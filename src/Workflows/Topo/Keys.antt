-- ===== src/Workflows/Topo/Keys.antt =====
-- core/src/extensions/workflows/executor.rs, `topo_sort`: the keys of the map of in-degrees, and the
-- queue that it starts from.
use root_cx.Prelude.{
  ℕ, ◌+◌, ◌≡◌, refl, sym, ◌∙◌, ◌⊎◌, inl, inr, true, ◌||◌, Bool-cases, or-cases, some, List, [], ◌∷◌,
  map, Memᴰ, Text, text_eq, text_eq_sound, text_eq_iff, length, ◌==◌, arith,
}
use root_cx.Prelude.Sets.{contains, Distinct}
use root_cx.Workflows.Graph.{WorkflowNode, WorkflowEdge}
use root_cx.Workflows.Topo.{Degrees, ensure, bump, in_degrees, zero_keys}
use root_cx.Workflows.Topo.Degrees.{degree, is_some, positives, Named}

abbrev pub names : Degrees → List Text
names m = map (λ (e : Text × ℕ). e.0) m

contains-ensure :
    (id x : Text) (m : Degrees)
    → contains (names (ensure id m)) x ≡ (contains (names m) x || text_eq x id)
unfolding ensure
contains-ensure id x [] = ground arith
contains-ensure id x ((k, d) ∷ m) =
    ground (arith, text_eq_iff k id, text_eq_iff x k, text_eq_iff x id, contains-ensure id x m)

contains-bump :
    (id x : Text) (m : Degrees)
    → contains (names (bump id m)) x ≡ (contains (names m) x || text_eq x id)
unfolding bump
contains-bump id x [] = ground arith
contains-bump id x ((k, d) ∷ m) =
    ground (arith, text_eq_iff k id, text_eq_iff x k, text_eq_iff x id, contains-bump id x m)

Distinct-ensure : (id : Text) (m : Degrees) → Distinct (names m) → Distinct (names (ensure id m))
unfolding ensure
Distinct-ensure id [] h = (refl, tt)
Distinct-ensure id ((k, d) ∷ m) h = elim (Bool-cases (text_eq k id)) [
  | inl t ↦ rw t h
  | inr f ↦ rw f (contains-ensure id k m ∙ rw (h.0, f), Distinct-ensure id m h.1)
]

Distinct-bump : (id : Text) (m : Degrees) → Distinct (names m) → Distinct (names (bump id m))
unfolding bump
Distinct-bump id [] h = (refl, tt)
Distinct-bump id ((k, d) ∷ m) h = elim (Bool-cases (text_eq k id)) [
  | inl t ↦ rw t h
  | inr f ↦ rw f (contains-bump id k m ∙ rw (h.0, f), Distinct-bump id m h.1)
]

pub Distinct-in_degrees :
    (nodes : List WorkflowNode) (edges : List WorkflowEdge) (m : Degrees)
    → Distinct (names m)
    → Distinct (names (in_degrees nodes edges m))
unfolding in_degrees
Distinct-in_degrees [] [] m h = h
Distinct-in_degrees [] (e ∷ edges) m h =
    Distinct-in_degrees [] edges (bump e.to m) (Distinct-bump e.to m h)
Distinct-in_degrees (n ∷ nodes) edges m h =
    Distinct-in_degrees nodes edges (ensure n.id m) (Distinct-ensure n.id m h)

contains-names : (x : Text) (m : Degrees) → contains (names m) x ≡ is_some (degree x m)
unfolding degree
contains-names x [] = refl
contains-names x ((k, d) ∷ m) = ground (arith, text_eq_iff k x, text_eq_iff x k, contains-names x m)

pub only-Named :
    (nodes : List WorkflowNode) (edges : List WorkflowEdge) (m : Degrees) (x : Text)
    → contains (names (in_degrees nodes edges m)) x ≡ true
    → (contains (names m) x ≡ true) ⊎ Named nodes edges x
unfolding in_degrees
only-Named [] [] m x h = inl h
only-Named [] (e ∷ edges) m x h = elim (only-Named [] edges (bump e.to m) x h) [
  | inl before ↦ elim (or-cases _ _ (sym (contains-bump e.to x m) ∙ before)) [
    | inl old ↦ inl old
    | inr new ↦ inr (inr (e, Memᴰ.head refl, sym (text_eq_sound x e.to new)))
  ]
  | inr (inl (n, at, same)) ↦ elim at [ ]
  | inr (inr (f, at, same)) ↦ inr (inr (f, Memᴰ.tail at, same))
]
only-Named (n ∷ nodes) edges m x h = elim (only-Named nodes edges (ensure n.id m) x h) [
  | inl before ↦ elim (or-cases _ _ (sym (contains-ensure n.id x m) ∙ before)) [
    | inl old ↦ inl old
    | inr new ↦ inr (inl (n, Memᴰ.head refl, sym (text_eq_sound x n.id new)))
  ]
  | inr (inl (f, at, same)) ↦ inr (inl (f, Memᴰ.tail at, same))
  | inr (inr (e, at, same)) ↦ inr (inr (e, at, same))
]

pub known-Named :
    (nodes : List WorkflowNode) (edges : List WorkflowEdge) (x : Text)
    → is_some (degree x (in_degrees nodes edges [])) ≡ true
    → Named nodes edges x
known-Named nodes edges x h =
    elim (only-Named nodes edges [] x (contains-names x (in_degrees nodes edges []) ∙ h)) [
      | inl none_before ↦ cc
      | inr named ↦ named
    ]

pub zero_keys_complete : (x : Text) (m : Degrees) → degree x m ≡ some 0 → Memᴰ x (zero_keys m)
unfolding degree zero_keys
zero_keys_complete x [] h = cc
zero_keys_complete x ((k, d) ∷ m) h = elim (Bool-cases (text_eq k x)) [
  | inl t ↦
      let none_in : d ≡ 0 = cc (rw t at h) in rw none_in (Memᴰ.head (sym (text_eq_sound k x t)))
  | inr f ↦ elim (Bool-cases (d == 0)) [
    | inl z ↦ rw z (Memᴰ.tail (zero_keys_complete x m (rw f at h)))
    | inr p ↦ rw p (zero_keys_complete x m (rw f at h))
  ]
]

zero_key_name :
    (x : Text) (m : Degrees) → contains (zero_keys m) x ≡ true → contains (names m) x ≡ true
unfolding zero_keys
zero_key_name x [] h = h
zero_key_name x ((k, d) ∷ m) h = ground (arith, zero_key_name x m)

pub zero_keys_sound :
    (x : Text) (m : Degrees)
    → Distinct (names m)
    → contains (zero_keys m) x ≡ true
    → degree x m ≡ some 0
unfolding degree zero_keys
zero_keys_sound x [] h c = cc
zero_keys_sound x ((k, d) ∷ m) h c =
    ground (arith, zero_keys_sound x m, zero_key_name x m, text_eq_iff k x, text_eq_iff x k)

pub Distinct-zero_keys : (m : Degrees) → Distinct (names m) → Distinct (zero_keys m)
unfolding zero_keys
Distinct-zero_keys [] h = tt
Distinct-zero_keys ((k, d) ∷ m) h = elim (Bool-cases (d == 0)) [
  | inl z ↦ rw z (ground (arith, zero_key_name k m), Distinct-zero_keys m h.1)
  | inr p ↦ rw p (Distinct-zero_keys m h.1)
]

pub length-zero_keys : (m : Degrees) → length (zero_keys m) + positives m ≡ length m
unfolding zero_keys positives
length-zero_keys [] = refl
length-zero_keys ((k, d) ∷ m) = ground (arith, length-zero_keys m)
┄┄┄┄┄┄
▶ What to produce:
All records above must be returned exactly as they appear.

▶ Exercise output:
filename src/Workflows/Topo/Keys.antt
-- ===== src/Workflows/Topo/Keys.antt =====
-- core/src/extensions/workflows/executor.rs, `topo_sort`: the keys of the map of in-degrees, and the
-- queue that it starts from.
use root_cx.Prelude.{
  ℕ, ◌+◌, ◌≡◌, refl, sym, ◌∙◌, ◌⊎◌, inl, inr, true, ◌||◌, Bool-cases, or-cases, some, List, [], ◌∷◌,
  map, Memᴰ, Text, text_eq, text_eq_sound, text_eq_iff, length, ◌==◌, arith,
}
use root_cx.Prelude.Sets.{contains, Distinct}
use root_cx.Workflows.Graph.{WorkflowNode, WorkflowEdge}
use root_cx.Workflows.Topo.{Degrees, ensure, bump, in_degrees, zero_keys}
use root_cx.Workflows.Topo.Degrees.{degree, is_some, positives, Named}

abbrev pub names : Degrees → List Text
names m = map (λ (e : Text × ℕ). e.0) m

contains-ensure :
    (id x : Text) (m : Degrees)
    → contains (names (ensure id m)) x ≡ (contains (names m) x || text_eq x id)
unfolding ensure
contains-ensure id x [] = ground arith
contains-ensure id x ((k, d) ∷ m) =
    ground (arith, text_eq_iff k id, text_eq_iff x k, text_eq_iff x id, contains-ensure id x m)

contains-bump :
    (id x : Text) (m : Degrees)
    → contains (names (bump id m)) x ≡ (contains (names m) x || text_eq x id)
unfolding bump
contains-bump id x [] = ground arith
contains-bump id x ((k, d) ∷ m) =
    ground (arith, text_eq_iff k id, text_eq_iff x k, text_eq_iff x id, contains-bump id x m)

Distinct-ensure : (id : Text) (m : Degrees) → Distinct (names m) → Distinct (names (ensure id m))
unfolding ensure
Distinct-ensure id [] h = (refl, tt)
Distinct-ensure id ((k, d) ∷ m) h = elim (Bool-cases (text_eq k id)) [
  | inl t ↦ rw t h
  | inr f ↦ rw f (contains-ensure id k m ∙ rw (h.0, f), Distinct-ensure id m h.1)
]

Distinct-bump : (id : Text) (m : Degrees) → Distinct (names m) → Distinct (names (bump id m))
unfolding bump
Distinct-bump id [] h = (refl, tt)
Distinct-bump id ((k, d) ∷ m) h = elim (Bool-cases (text_eq k id)) [
  | inl t ↦ rw t h
  | inr f ↦ rw f (contains-bump id k m ∙ rw (h.0, f), Distinct-bump id m h.1)
]

pub Distinct-in_degrees :
    (nodes : List WorkflowNode) (edges : List WorkflowEdge) (m : Degrees)
    → Distinct (names m)
    → Distinct (names (in_degrees nodes edges m))
unfolding in_degrees
Distinct-in_degrees [] [] m h = h
Distinct-in_degrees [] (e ∷ edges) m h =
    Distinct-in_degrees [] edges (bump e.to m) (Distinct-bump e.to m h)
Distinct-in_degrees (n ∷ nodes) edges m h =
    Distinct-in_degrees nodes edges (ensure n.id m) (Distinct-ensure n.id m h)

contains-names : (x : Text) (m : Degrees) → contains (names m) x ≡ is_some (degree x m)
unfolding degree
contains-names x [] = refl
contains-names x ((k, d) ∷ m) = ground (arith, text_eq_iff k x, text_eq_iff x k, contains-names x m)

pub only-Named :
    (nodes : List WorkflowNode) (edges : List WorkflowEdge) (m : Degrees) (x : Text)
    → contains (names (in_degrees nodes edges m)) x ≡ true
    → (contains (names m) x ≡ true) ⊎ Named nodes edges x
unfolding in_degrees
only-Named [] [] m x h = inl h
only-Named [] (e ∷ edges) m x h = elim (only-Named [] edges (bump e.to m) x h) [
  | inl before ↦ elim (or-cases _ _ (sym (contains-bump e.to x m) ∙ before)) [
    | inl old ↦ inl old
    | inr new ↦ inr (inr (e, Memᴰ.head refl, sym (text_eq_sound x e.to new)))
  ]
  | inr (inl (n, at, same)) ↦ elim at [ ]
  | inr (inr (f, at, same)) ↦ inr (inr (f, Memᴰ.tail at, same))
]
only-Named (n ∷ nodes) edges m x h = elim (only-Named nodes edges (ensure n.id m) x h) [
  | inl before ↦ elim (or-cases _ _ (sym (contains-ensure n.id x m) ∙ before)) [
    | inl old ↦ inl old
    | inr new ↦ inr (inl (n, Memᴰ.head refl, sym (text_eq_sound x n.id new)))
  ]
  | inr (inl (f, at, same)) ↦ inr (inl (f, Memᴰ.tail at, same))
  | inr (inr (e, at, same)) ↦ inr (inr (e, at, same))
]

pub known-Named :
    (nodes : List WorkflowNode) (edges : List WorkflowEdge) (x : Text)
    → is_some (degree x (in_degrees nodes edges [])) ≡ true
    → Named nodes edges x
known-Named nodes edges x h =
    elim (only-Named nodes edges [] x (contains-names x (in_degrees nodes edges []) ∙ h)) [
      | inl none_before ↦ cc
      | inr named ↦ named
    ]

pub zero_keys_complete : (x : Text) (m : Degrees) → degree x m ≡ some 0 → Memᴰ x (zero_keys m)
unfolding degree zero_keys
zero_keys_complete x [] h = cc
zero_keys_complete x ((k, d) ∷ m) h = elim (Bool-cases (text_eq k x)) [
  | inl t ↦
      let none_in : d ≡ 0 = cc (rw t at h) in rw none_in (Memᴰ.head (sym (text_eq_sound k x t)))
  | inr f ↦ elim (Bool-cases (d == 0)) [
    | inl z ↦ rw z (Memᴰ.tail (zero_keys_complete x m (rw f at h)))
    | inr p ↦ rw p (zero_keys_complete x m (rw f at h))
  ]
]

zero_key_name :
    (x : Text) (m : Degrees) → contains (zero_keys m) x ≡ true → contains (names m) x ≡ true
unfolding zero_keys
zero_key_name x [] h = h
zero_key_name x ((k, d) ∷ m) h = ground (arith, zero_key_name x m)

pub zero_keys_sound :
    (x : Text) (m : Degrees)
    → Distinct (names m)
    → contains (zero_keys m) x ≡ true
    → degree x m ≡ some 0
unfolding degree zero_keys
zero_keys_sound x [] h c = cc
zero_keys_sound x ((k, d) ∷ m) h c =
    ground (arith, zero_keys_sound x m, zero_key_name x m, text_eq_iff k x, text_eq_iff x k)

pub Distinct-zero_keys : (m : Degrees) → Distinct (names m) → Distinct (zero_keys m)
unfolding zero_keys
Distinct-zero_keys [] h = tt
Distinct-zero_keys ((k, d) ∷ m) h = elim (Bool-cases (d == 0)) [
  | inl z ↦ rw z (ground (arith, zero_key_name k m), Distinct-zero_keys m h.1)
  | inr p ↦ rw p (Distinct-zero_keys m h.1)
]

pub length-zero_keys : (m : Degrees) → length (zero_keys m) + positives m ≡ length m
unfolding zero_keys positives
length-zero_keys [] = refl
length-zero_keys ((k, d) ∷ m) = ground (arith, length-zero_keys m)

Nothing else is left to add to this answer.